Velasquez stared at the tabletop for a moment. Then he pushed himself to his feet and looked Charles in the eye. “I was the one who found Kitty in the stream. When I first pulled her body out, all I could think was that she must have thrown herself off the footbridge. I knew the despair she’d been in. I knew I had to make it look like an accident to protect her honor. But later, thinking back—the way her dress was torn, the marks on her neck—” He gripped the edge of the table with both hands. “I think it’s possible she didn’t jump from the bridge, Fraser. I think she may have been pushed.”

Chapter 31

M
élanie saw a tumult of feeling rush across her husband’s face. The slosh of ale and the clatter of cutlery drifted through the tavern. Someone was tossing dice. Someone else hummed a fragment of “Over the Hills and Far Away.”

“That doesn’t make any sense,” Charles said at last.

“I know.” Velasquez stood still and alert despite the weariness in his face. “I’d have sworn Kitty didn’t have any enemies. Of course, I’d also have sworn she didn’t have a lover.” He drew a breath, then glanced down at the table. “Her husband was away. You weren’t there. When I challenged you, I still half believed it was suicide because I couldn’t make sense of any other scenario. And because I wanted you to believe it. Because I wanted you to suffer. I thought you deserved to suffer.” He looked up at Charles again, his bloodshot eyes hard as a musket barrel. “You did deserve to suffer.”

“Granted.” Charles’s face was set with intensity. “You’re sure it isn’t just that you couldn’t face that she’d killed herself?”

“Every moment of that night is etched into my memory.

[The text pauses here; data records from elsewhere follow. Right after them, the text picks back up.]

-- ===== src/Reader/Metadata/Sound.antt =====
-- The metadata calls read nothing outside of the memory, and return strings that lie inside.
use elfrc.Base.{
  ℕ, zero, suc, ◌+◌, ◌%◌, ◌^◌, ◌≤◌, ◌<◌, ◌≡◌, ◌≢◌, refl, arith, subst, ap, sym, ◌∙◌, Option, none,
  some, Bool, true, false, not, leb, ◌==◌, if◌then◌else◌, length,
}
use elfrc.Bytes.Laws.{read-some}
use elfrc.Reader.Container.{Resource, Container, in_bounds}
use elfrc.Reader.Metadata.{
  Answer, found, failed, fault, ◌>>=◌, require, read_u32, read_string, read_pair, nth_pair,
  erf_metadata_get,
}

>>=-eq-found {ℓ κ} :
    {A : Type ℓ} {B : Type κ} (m : Answer A) (f : A → Answer B) {b : B}
    → (m >>= f) ≡ found b
    → (a : A) × (m ≡ found a) × (f a ≡ found b)
>>=-eq-found (found a) f h = (a, refl, h)
>>=-eq-found failed f h = cc
>>=-eq-found fault f h = cc

>>=-ne-fault {ℓ κ} :
    {A : Type ℓ} {B : Type κ} (m : Answer A) (f : A → Answer B)
    → m ≢ fault
    → ((a : A) → f a ≢ fault)
    → (m >>= f) ≢ fault
>>=-ne-fault (found a) f safe next = next a
>>=-ne-fault failed f safe next = λ e. cc
>>=-ne-fault fault f safe next = λ e. safe refl

if-ne-fault {ℓ} :
    {A : Type ℓ} (t : Bool) {m : Answer A} → m ≢ fault → (if t then failed else m) ≢ fault
if-ne-fault true safe = λ e. cc
if-ne-fault false safe = safe

require-ne-fault : (t : Bool) → require t ≢ fault
require-ne-fault true e = cc
require-ne-fault false e = cc

if-found {ℓ} :
    {A : Type ℓ} (t : Bool) {m : Answer A} {a : A}
    → (if t then failed else m) ≡ found a
    → m ≡ found a
if-found true e = cc
if-found false e = e

found_injective {ℓ} : {A : Type ℓ} (p q : A) → found p ≡ found q → p ≡ q
found_injective p q e = cc

pair_lem :
    (off : ℕ) (k v : ℕ × ℕ) (t : ℕ × ℕ × ℕ) (size : ℕ)
    → (off + 4 ≡ k.0) × (k.0 < k.1) × (k.1 ≤ size)
    → (k.1 + 4 ≡ v.0) × (v.0 < v.1) × (v.1 ≤ size)
    → (k.0, v.0, v.1) ≡ t
    → (off < t.0) × (t.0 < t.1) × (t.1 < t.2) × (t.2 ≤ size)
pair_lem off k v t size (a, b, d) (x, y, z) e =
    subst (λ t. (off < t.0) × (t.0 < t.1) × (t.1 < t.2) × (t.2 ≤ size)) e
      (omega arith, omega arith, y, z)

last_pair_lem :
    (off : ℕ) (p : ℕ × ℕ × ℕ) (q : ℕ × ℕ) (size : ℕ)
    → (off < p.0) × (p.0 < p.1) × (p.1 < p.2) × (p.2 ≤ size)
    → (p.0, p.1) ≡ q
    → (off < q.0) × (q.0 < q.1) × (q.1 < size)
last_pair_lem off p q size (a, b, d, f) e =
    subst (λ q. (off < q.0) × (q.0 < q.1) × (q.1 < size)) e (a, b, omega arith)

answer_0 : (p q : ℕ × ℕ) → found p ≡ found q → p.0 ≡ q.0
answer_0 p q e = cc

answer_1 : (p q : ℕ × ℕ) → found p ≡ found q → p.1 ≡ q.1
answer_1 p q e = cc

require-found : (t : Bool) {u : Unit {0}} → require t ≡ found u → t ≡ true
require-found true e = refl
require-found false e = cc

-- An offset and the range behind it, both inside: nothing wraps.
string_lem :
    (size off len text next : ℕ)
    → off + 4 ≤ size
    → size < 2 ^ 64
    → in_bounds size ((off + 4) % 2 ^ 64) (len + 1) ≡ true
    → (off + 4) % 2 ^ 64 ≡ text
    → ((off + 4) % 2 ^ 64 + (len + 1)) % 2 ^ 64 ≡ next
    → (off + 4 ≡ text) × (text < next) × (next ≤ size)
unfolding in_bounds
string_lem size off len text next inside word tested at behind = ground arith

module _ (c : Container) (fits : c.size ≤ length c.base) (word : c.size < 2 ^ 64) where
  read_u32-ne-fault : (off : ℕ) → read_u32 c off ≢ fault
  unfolding read_u32 in_bounds
  read_u32-ne-fault off e = ground (arith, read-some c.base off 4)

  read_u32-found : (off v : ℕ) → read_u32 c off ≡ found v → off + 4 ≤ c.size
  unfolding read_u32 in_bounds
  read_u32-found off v e = ground arith

  read_string-ne-fault : (off : ℕ) → read_string c off ≢ fault
  unfolding read_string
  read_string-ne-fault off e = ground (arith, read_u32-ne-fault off)

  -- A string that is returned lies inside, its zero byte too, behind the offset that was read.
  read_string-found :
      (off text next : ℕ)
      → read_string c off ≡ found (text, next)
      → (off + 4 ≡ text) × (text < next) × (next ≤ c.size)
  unfolding read_string
  read_string-found off text next e =
      let (len, got, after) = >>=-eq-found (read_u32 c off) _ e in
      let (u, tested, pair) =
        >>=-eq-found (require (in_bounds c.size ((off + 4) % 2 ^ 64) (len + 1))) _ after in
      string_lem c.size off len text next (read_u32-found off len got) word (require-found _ tested)
        (answer_0 _ _ pair) (answer_1 _ _ pair)

  read_pair-ne-fault : (off : ℕ) → read_pair c off ≢ fault
  unfolding read_pair
  read_pair-ne-fault off =
      >>=-ne-fault (read_string c off) _ (read_string-ne-fault off)
        (λ k. >>=-ne-fault (read_string c k.1) _ (read_string-ne-fault k.1) (λ v e. cc))

  nth_pair-ne-fault : (index off : ℕ) → nth_pair c index off ≢ fault
  unfolding nth_pair
  nth_pair-ne-fault zero off = >>=-ne-fault (read_pair c off) _ (read_pair-ne-fault off) (λ p e. cc)
  nth_pair-ne-fault (suc index) off =
      >>=-ne-fault (read_pair c off) _ (read_pair-ne-fault off) (λ p. nth_pair-ne-fault index p.2)

  -- If the memory of a container is at least as long as its size, a 64-bit word, then
  -- `erf_metadata_get` reads nothing outside of it, whatever the bytes, the resource and the index
  -- are.
  pub erf_metadata_get-ne-fault :
      (res : Option Resource) (index : Option ℕ) → erf_metadata_get (some c) res index ≢ fault
  unfolding erf_metadata_get
  erf_metadata_get-ne-fault none index = λ e. cc
  erf_metadata_get-ne-fault (some r) none = λ e. cc
  erf_metadata_get-ne-fault (some r) (some i) = if-ne-fault (r.metadata_offset == 0) (
      >>=-ne-fault (read_u32 c r.metadata_offset) _ (read_u32-ne-fault r.metadata_offset) (λ count.
        >>=-ne-fault (require (not (leb count i))) _ (require-ne-fault _)
          (λ u. nth_pair-ne-fault i ((r.metadata_offset + 4) % 2 ^ 64))))

  -- What it answers is a pair of strings of the block, one behind the other, that lie inside.
  read_pair-found :
      (off key value next : ℕ)
      → read_pair c off ≡ found (key, value, next)
      → (off < key) × (key < value) × (value < next) × (next ≤ c.size)
  unfolding read_pair
  read_pair-found off key value next e =
      let (k, got_k, after) = >>=-eq-found (read_string c off) _ e in
      let (v, got_v, triple) = >>=-eq-found (read_string c k.1) _ after in
      pair_lem off k v (key, value, next) c.size (read_string-found off k.0 k.1 got_k)
        (read_string-found k.1 v.0 v.1 got_v) (found_injective _ _ triple)

  nth_pair-found :
      (index off key value : ℕ)
      → nth_pair c index off ≡ found (key, value)
      → (off < key) × (key < value) × (value < c.size)
  unfolding nth_pair
  nth_pair-found zero off key value e =
      let (p, got, pair) = >>=-eq-found (read_pair c off) _ e in
      last_pair_lem off p (key, value) c.size (read_pair-found off p.0 p.1 p.2 got)
        (found_injective _ _ pair)
  nth_pair-found (suc index) off key value e =
      let (p, got, rest) = >>=-eq-found (read_pair c off) _ e in
      let (low, mid, high) = nth_pair-found index p.2 key value rest in
      let (a, b, d, _) = read_pair-found off p.0 p.1 p.2 got in (omega arith, mid, high)

  -- If the memory of a container is at least as long as its size, a 64-bit word, then the strings
  -- that `erf_metadata_get` answers with start behind the count of the resource's block, the value
  -- behind the key, and both inside the memory.
  pub erf_metadata_get-found :
      (r : Resource) (index key value : ℕ)
      → erf_metadata_get (some c) (some r) (some index) ≡ found (key, value)
      → (r.metadata_offset + 4 < key) × (key < value) × (value < c.size)
  unfolding erf_metadata_get
  erf_metadata_get-found r index key value e =
      let after = if-found (r.metadata_offset == 0) e in
      let (count, got, guarded) = >>=-eq-found (read_u32 c r.metadata_offset) _ after in
      let (u, tested, pair) = >>=-eq-found (require (not (leb count index))) _ guarded in
      let inside = read_u32-found r.metadata_offset count got in
      let at : (r.metadata_offset + 4) % 2 ^ 64 ≡ r.metadata_offset + 4 =
        omega (arith, inside, word) in
      nth_pair-found index (r.metadata_offset + 4) key value
        (ap (λ n. nth_pair c index n) (sym at) ∙ pair)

I don’t see how she could have come by those marks or the damage to her gown without another person being involved.” Velasquez’s hand curled into a fist. “I’d give a great deal to know whom.”

“So would I,” Charles said.

The two men looked at each other for a moment, a whiff of understanding between them. “Thank you, Velasquez,” Charles said. “I appreciate your confidence.”

Velasquez inclined his head, a stiff, soldier’s nod. Then he frowned. “It’s odd, you know. He was there that night. The night Kitty died.”

“Who?”

“Lieutenant Jennings. But I daresay it’s just coincidence. He scarcely knew Kitty.”

 

“It’s still possible the ring is in the Constable house,” Charles said when he and Mélanie had left the smoky warmth of the tavern for the crisp bite of the street. “We could find Roth and arrange a search of the house.”

“But by the time we explain the story and Mr. Constable is persuaded to go along with the search, it could take hours.”

“My thoughts exactly. And my instinct says the ring isn’t in the house.”

“Mine, too.” Mélanie fingered the silk braid that edged her cloak. “Charles, suppose she didn’t take it to Brighton with her at all?”

Two young men in coats with absurdly padded shoulders staggered out of the tavern, shouting for a hackney. Charles took Mélanie’s arm and began to walk along the pavement. “What makes you think she didn’t take the ring with her?”